Page MenuHomePhabricator

reduce copies of mediawiki/core in workspaces
Closed, DeclinedPublic

Description

We had a CI outage caused by full SSD disks on gallium and lanthanum. The reason is apparently that l10n bot triggered testextensions jobs on almost all extensions, that caused mediawiki/core to be cloned by zuul-cloner from Gerrit multiple times and filled the disks quite fast.

MediaWiki core takes roughly 500MB. zuul-cloner does a regular git clone.

When we used the Jenkins git plugin, we had it set to use git clone --reference /some/mirror which made it way faster to realize the clone. zuul-cloner does not do such a thing.

We could have a copy of mediawiki/core on the slaves (and on the same disk as the workspace), then before invoking zuul-cloner on mediawiki/core, do a regular git clone which would creates hardlinks and save disk. zuul-cloner would then fetch whatever is missing from zuul git repositories.

Related Objects

Event Timeline

hashar raised the priority of this task from to Needs Triage.
hashar updated the task description. (Show Details)
hashar added subscribers: hashar, Legoktm, Krenair.

The outage is still ongoing essentially. gallium and lanthanum are taking turns running out of space.

The immediate trigger was the localisation commits which triggered testextension jobs for repositories we haven't seen since the introduction of Zuul-cloner.

For production slaves (zend) we could possibly fix this by removing mediawiki-core from the zuul-cloner command, and instead doing a plain git clone using a --reference to the local replication.

For labs slaves (hhvm) we could do a shallow git-clone using a limited depth (e.g. 10). Perhaps we can revive the mw-core-get script and repurpose it to behave this way (instead of the archive approach it currently does).

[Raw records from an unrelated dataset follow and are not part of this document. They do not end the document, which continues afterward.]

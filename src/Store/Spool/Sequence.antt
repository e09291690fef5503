-- ===== src/Store/Spool/Sequence.antt =====
-- Sequences in the spool: they rise with the order of staging, whatever the store does.
use dts.Common.{
  ℕ, zero, suc, String, ◌+◌, ◌≤◌, ◌<◌, ◌≡◌, List, [], ◌∷◌, ◌++◌, Option, some, ok, ltb, ◌&&◌, ◌=s=◌,
  if◌then◌else◌, All, All-append, All-map, arith, eq_iff, Bool-cases, inl, inr, Option-cases,
}
use dts.Domain.{SpoolRecord, SpoolStatus}
use dts.Store.Defs.{Store}
use dts.Store.Spool.{
  find_id, max_sequence, complete_record, create_cdc_spool, mark_applied, mark_cdc_spool_applied,
  drop_applied, delete_applied_cdc_spool, is_of, is_applied_of,
}

module _ {E : Type 0} where
  -- The second record is of the same task and direction and comes later.
  abbrev pub Precedes : SpoolRecord E → SpoolRecord E → Type 0
  Precedes v w = w.task_id ≡ v.task_id → w.direction ≡ v.direction → v.sequence < w.sequence

  -- Within a task and direction the sequences rise strictly along the list.
  abbrev pub IsSequenced : List (SpoolRecord E) → Type 0
  IsSequenced [] = Unit
  IsSequenced (v ∷ vs) = All (Precedes v) vs × IsSequenced vs

  max_sequence-ge :
      (task direction : String) (m : ℕ) (vs : List (SpoolRecord E))
      → m ≤ max_sequence task direction m vs
  unfolding max_sequence
  max_sequence-ge task direction m [] = omega arith
  max_sequence-ge task direction m (v ∷ vs) =
      ground
        (arith, max_sequence-ge task direction m vs, max_sequence-ge task direction v.sequence vs)

  max_sequence-All :
      (task direction : String) (m : ℕ) (vs : List (SpoolRecord E))
      → All
          (λ v.
            task ≡ v.task_id
            → direction ≡ v.direction
            → v.sequence ≤ max_sequence task direction m vs)
          vs
  unfolding max_sequence
  max_sequence-All task direction m [] = tt
  max_sequence-All task direction m (v ∷ vs) =
      let m' = if is_of task direction v && ltb m v.sequence then v.sequence else m in
      (
        λ p q. ground (
          arith,
          eq_iff v.task_id task,
          eq_iff v.direction direction,
          max_sequence-ge task direction m vs,
          max_sequence-ge task direction v.sequence vs,
        ),
        max_sequence-All task direction m' vs,
      )

  append-IsSequenced :
      (vs : List (SpoolRecord E)) (w : SpoolRecord E)
      → All (λ v. Precedes v w) vs
      → IsSequenced vs
      → IsSequenced (vs ++ (w ∷ []))
  append-IsSequenced [] w h k = (tt, tt)
  append-IsSequenced (v ∷ vs) w h k =
      (All-append _ vs (w ∷ []) k.0 (h.0, tt), append-IsSequenced vs w h.1 k.1)

  create-IsSequenced :
      (json_bytes : List E → Option ℕ) (s : Store E) (v : SpoolRecord E)
      → IsSequenced s.cdc_spool
      → IsSequenced (create_cdc_spool json_bytes s v).0.cdc_spool
  unfolding create_cdc_spool
  create-IsSequenced json_bytes s v h =
      let top = max_sequence v.task_id v.direction 0 s.cdc_spool in
      let w = complete_record json_bytes (top + 1) v in
      elim (Option-cases (find_id v.id s.cdc_spool)) [
        | inl e ↦
            rw (e, create_cdc_spool)
              (append-IsSequenced s.cdc_spool w
                (All-map _ _ (λ u k p q. omega (arith, k p q)) s.cdc_spool
                  (max_sequence-All v.task_id v.direction 0 s.cdc_spool))
                h)
        | inr (old, e) ↦ rw (e, create_cdc_spool) h
      ]

  -- The spool with the first record of an id marked applied.
  abbrev pub mark_first : String → ℕ → List (SpoolRecord E) → List (SpoolRecord E)
  mark_first id at [] = []
  mark_first id at (v ∷ vs) =
      if v.id =s= id
      then record v { status = SpoolStatus.applied; applied_at = at } ∷ vs
      else v ∷ mark_first id at vs

  pub mark_applied-first :
      (id : String) (at : ℕ) (vs : List (SpoolRecord E)) {ws : List (SpoolRecord E)}
      → mark_applied id at vs ≡ some ws
      → ws ≡ mark_first id at vs
  unfolding mark_applied
  mark_applied-first id at [] e = cc
  mark_applied-first id at (v ∷ vs) {ws} e = elim (Option-cases (mark_applied id at vs)) [
    | inl f ↦ ground arith
    | inr (us, f) ↦ ground (arith, mark_applied-first id at vs f)
  ]

  mark_first-Precedes :
      (u : SpoolRecord E) (id : String) (at : ℕ) (vs : List (SpoolRecord E))
      → All (Precedes u) vs
      → All (Precedes u) (mark_first id at vs)
  mark_first-Precedes u id at [] h = tt
  mark_first-Precedes u id at (v ∷ vs) h = elim (Bool-cases (v.id =s= id)) [
    | inl e ↦ rw e (h.0, h.1)
    | inr e ↦ rw e (h.0, mark_first-Precedes u id at vs h.1)
  ]

  mark_first-IsSequenced :
      (id : String) (at : ℕ) (vs : List (SpoolRecord E))
      → IsSequenced vs
      → IsSequenced (mark_first id at vs)
  mark_first-IsSequenced id at [] h = tt
  mark_first-IsSequenced id at (v ∷ vs) h = elim (Bool-cases (v.id =s= id)) [
    | inl e ↦ rw e (h.0, h.1)
    | inr e ↦ rw e (mark_first-Precedes v id at vs h.0, mark_first-IsSequenced id at vs h.1)
  ]

  pub mark-IsSequenced :
      (s : Store E) (id : String) (at : ℕ) {t : Store E}
      → IsSequenced s.cdc_spool
      → mark_cdc_spool_applied s id at ≡ ok t
      → IsSequenced t.cdc_spool
  unfolding mark_cdc_spool_applied
  mark-IsSequenced s id at {t} h e = elim (Option-cases (mark_applied id at s.cdc_spool)) [
    | inl f ↦ cc (rw (f, mark_cdc_spool_applied) at e)
    | inr (spool, f) ↦
        let same : t.cdc_spool ≡ mark_first id at s.cdc_spool =
          ground (arith, mark_applied-first id at s.cdc_spool f) in
        rw same (mark_first-IsSequenced id at s.cdc_spool h)
  ]

  drop_applied-All :
      (P : SpoolRecord E → Type 0) (task direction : String) (n : ℕ) (vs : List (SpoolRecord E))
      → All P vs
      → All P (drop_applied task direction n vs)
  unfolding drop_applied
  drop_applied-All P task direction n [] h = tt
  drop_applied-All P task direction zero (v ∷ vs) h = h
  drop_applied-All P task direction (suc n) (v ∷ vs) h =
      elim (Bool-cases (is_applied_of task direction v)) [
        | inl e ↦ rw e (drop_applied-All P task direction n vs h.1)
        | inr e ↦ rw e (h.0, drop_applied-All P task direction (suc n) vs h.1)
      ]

  drop_applied-IsSequenced :
      (task direction : String) (n : ℕ) (vs : List (SpoolRecord E))
      → IsSequenced vs
      → IsSequenced (drop_applied task direction n vs)
  unfolding drop_applied
  drop_applied-IsSequenced task direction n [] h = tt
  drop_applied-IsSequenced task direction zero (v ∷ vs) h = h
  drop_applied-IsSequenced task direction (suc n) (v ∷ vs) h =
      elim (Bool-cases (is_applied_of task direction v)) [
        | inl e ↦ rw e (drop_applied-IsSequenced task direction n vs h.1)
        | inr e ↦ rw e (
          drop_applied-All (Precedes v) task direction (suc n) vs h.0,
          drop_applied-IsSequenced task direction (suc n) vs h.1,
        )
      ]

-- A step of the spool: staging, marking or deleting.
pub data SpoolStep {E : Type 0} (json_bytes : List E → Option ℕ) (s : Store E)
    : Store E → Type 0 where
  stage :
      (v : SpoolRecord E) {t : Store E}
      → t ≡ (create_cdc_spool json_bytes s v).0
      → SpoolStep json_bytes s t
  mark :
      (id : String) (at : ℕ) {t : Store E}
      → mark_cdc_spool_applied s id at ≡ ok t
      → SpoolStep json_bytes s t
  delete :
      (task direction : String) (keep : ℕ) {t : Store E}
      → t ≡ delete_applied_cdc_spool s task direction keep
      → SpoolStep json_bytes s t

module _ {E : Type 0} where
  -- Every step of the spool (staging any record, marking one applied, deleting old applied ones) keeps
  -- the sequences of each task and direction strictly rising in the order of staging.
  pub SpoolStep-IsSequenced :
      (json_bytes : List E → Option ℕ) {s t : Store E}
      → SpoolStep json_bytes s t
      → IsSequenced s.cdc_spool
      → IsSequenced t.cdc_spool
  unfolding delete_applied_cdc_spool
  SpoolStep-IsSequenced json_bytes {s} (stage v e) h = rw e (create-IsSequenced json_bytes s v h)
  SpoolStep-IsSequenced json_bytes {s} (mark id at e) h = mark-IsSequenced s id at h e
  SpoolStep-IsSequenced json_bytes {s} (delete task direction keep e) h =
      rw e (drop_applied-IsSequenced task direction _ s.cdc_spool h)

From a discussion I had with @Legoktm yesterday:

When a job needs mediawiki/core and uses zuul-cloner, we could prepopulate mw from a local mirror on the same disk using something like:

if [ ! -d "src/.git" ]; then
    git clone --no-checkout --shared /mirror/of/mediawiki/core.git src/
fi

That will setup the working copy to point to the mirror:

$ cat src/.git/objects/info/alternates 
/srv/ssd/gerrit/mediawiki/core.git/objects

Which is lightning breeze and takes only 108KBytes :)

Two culprits:

The problem with git-clone --shared, is that whenever commits become unreferenced in the source repository the related objects in the copy become unreferenced (dangling) and might be removed from the source repository entirely (via git gc). If they are removed in source but referenced in the clone, the repository becomes corrupt.

If we do not repack / gc the source repo we should be safe. But if we update it from time to time we will eventually have to repack it from time to time as well. It might be possible to detect the cloned repository is corrupt and thus recreate it in such a case.

Since the clone --shared is quite fast, we could always reclone core to make sure we never end up with a corrupted repo in case the source has unreferenced some objects. Thus doing something like:

rm -fR src/.git
git clone --bare --shared /mirror/of/mediawiki/core.git src/.git
zuul-cloner mediawiki/core ...

Edit: formatting.
Zuul cloner will run the usual git remote update / git checkout / git fetch and populate the working space accordingly.

From https://www.mediawiki.org/wiki/Continuous_integration/meetings/2015-03-30/minutes

We need to find a champion to implement/test/validate/deploy the idea. I am unlikely to conduct it anytime soon though :(

Krinkle triaged this task as Medium priority.Apr 17 2015, 12:18 PM
Krinkle set Security to None.

On review of a zuul-cloner patch on upstream Gerrit. Jeremy Stanley noticed the hard linking is skipped when the mirror repository belong to another user.

That is why I proposed above (T93703#1144542) to use git clone --shared.